Raspberry Pi 3 Floating-point Benchmarks
There's been a lot of hype about the Raspberry Pi 3's performance, but how does it fare with signal processing for software-define radios? Here are some benchmarks for multi-threaded performance with liquid-dsp.
The Raspberry Pi Foundation released the third version of their popular development board at the end of February this month, and like a good engineer I decided to put it through the SDR wringer . Unlike my previous I did not include the Beagle Bone . Here are what the three incarnations of the Pi look like side-by-side:
Notice a trend? That's right; the silkscreened raspberry is getting smaller. Probably to make room for more horsepower and onboard WiFi (see the tiny antenna on the top right corner of the card). While the 3 offers a CPU speed improvement of 1200 MHz over the 900 MHz of the 2, the real performance bump comes from an improved ARM architecture; from the quad-core ARM Cortex-A7 on the 2 to the quad-core ARM Cortex-A53 on the 3.
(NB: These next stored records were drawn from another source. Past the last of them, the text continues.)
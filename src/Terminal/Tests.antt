-- ===== src/Terminal/Tests.antt =====
-- Runs of the terminal, and the theorems at concrete terminals.
use lunaria_os.Base.{ℕ, ◌≡◌, refl, ◌∷◌, [], arith}
use lunaria_os.Terminal.{Terminal, white, place, term_putchar, term_print_color}
use lunaria_os.Terminal.Cursor.{
  IsOnScreen, Confined, term_putchar-Confined, term_print_color-Confined,
}
use lunaria_os.Terminal.Scroll.{IsTyped, term_putchar_lem}

-- a terminal with an `x` in every cell and the caret at a column and a row
abbrev filled : ℕ → ℕ → Terminal
filled x y = record {
  cursor_x = x;
  cursor_y = y;
  cells = λ j. 120;
  color = white;
  buf = λ j. 0;
  len = 0;
  prompt = 0;
}

filled-IsOnScreen : IsOnScreen (filled 79 24)
filled-IsOnScreen = omega arith

hi_text : (term_print_color (filled 78 0) (72 ∷ 73 ∷ 10 ∷ 33 ∷ []) white).cursor_y ≡ 2
unfolding term_print_color term_putchar place
hi_text = refl

term_putchar-Confined_example : Confined (filled 79 24) (term_putchar (filled 79 24) 72 white)
term_putchar-Confined_example = term_putchar-Confined (filled 79 24) 72 white filled-IsOnScreen

term_print_color-Confined_example :
    Confined (filled 79 24) (term_print_color (filled 79 24) (72 ∷ 10 ∷ 73 ∷ []) white)
term_print_color-Confined_example =
    term_print_color-Confined (filled 79 24) (72 ∷ 10 ∷ 73 ∷ []) white filled-IsOnScreen

-- in the last cell, so that the screen scrolls
term_putchar_lem_example :
    IsTyped (filled 79 24) 72 white (term_putchar (filled 79 24) 72 white) 1919
term_putchar_lem_example =
    term_putchar_lem (filled 79 24) 72 white 1919 filled-IsOnScreen (omega arith) (omega arith)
As with previous version of the Pi, the 3 includes neither a power supply nor an SD card for hosting the operating system with the ^35 price tag. This is fine as it keeps the cost of the device low and allows customization of the hardware, but it does change the meaning of BYODKM to Bring Your Own Display, Keyboard, Mouse, Power Supply, and Flash Drive. This wouldn't normally be a problem, except that the Raspberry Pi 3 consumes a lot more current than its predecessors under max power load. I hadn't realized this at first and found that any time I tried to do anything with all four cores running full speed the OS would crash. As it turned out the power supply I was using for the Raspbery Pi 3 was only rated to 700 mA, and running all 4 cores at once drew too much current and caused a voltage drop in the CPU. Processors don't tend to like this too much.
After a bit of rummaging in some old computer storage bins in my closet I was able to find a USB Micro-B supply that went up to 1000 mA which ended up being sufficient for the job. Even still, I ordered a 2400 mA wall adapter for future development just to be safe.
For the actual benchmarks I just modified the program from my Raspberry Pi 2 benchmarks to allow options for testing different filter lengths and buffer sizes. It basically just creates a set of threads that run independent firfilt_crcf operations as quickly as possible. It's nothing heroic, but it gets the job done. You can download the program here: benchmark_threaded.c . Just first install liquid-dsp and then compile it with:
gcc -Wall -O2 -o benchmark_threaded benchmark_threaded.c -pthread -lm -lc -lliquid
The figure below clearly shows the performance gains between the three devices. Notice that while the CPU speed of the 3 was bumped 33% from 900 MHz to 1200 MHz over the 2, the performance more than doubled. Never underestimate the importance of a good CPU architecture.
Performance results at a glance. The filter length is 57 coefficients and the buffer size is 256 samples.
I also wanted to see how the performance scaled with certain parameters of the program (number of threads, buffer sizes, and filter length):
Detailed performance results between the Pis. The default configuration is 4 threads, 57 filter coefficients, and 256 samples in the buffer.
The figure above shows some unsurprising results:
- The computational bandwidth scales linearly with threads up to 4 where it (mostly) tails off; although there is a bit of fluctuation with the 3 for more than 7 threads
- Having an overly large or small buffer doesn't adversely affect performance. This is most likely because I was lazy when I wrote the program and the threads don't synchronize between buffers as they probably should. If this were the case then small buffers would cause a lot of overhead in synchronization, causing performance to suffer.
- The performance has an inverse relationship to filter length. The number of complex operations required for each output is linearly proportional to the filter length. The undulating nature of the performance of the Raspberry Pi 3 under 100 coefficients is because the SIMD extensions liquid-dsp uses for the vector dot product operates in blocks of 16 samples. That is, there is a little overhead for the filter size modulo 16 coefficients. As such, a filter with 64 coefficients runs faster than one with 59.
As always it's nice to see performance match expectation, and the Raspbery Pi 3 certainly lives up to its hype. This little guy has some pretty considerable heft for something that costs ^35 and has a massive support community behind it.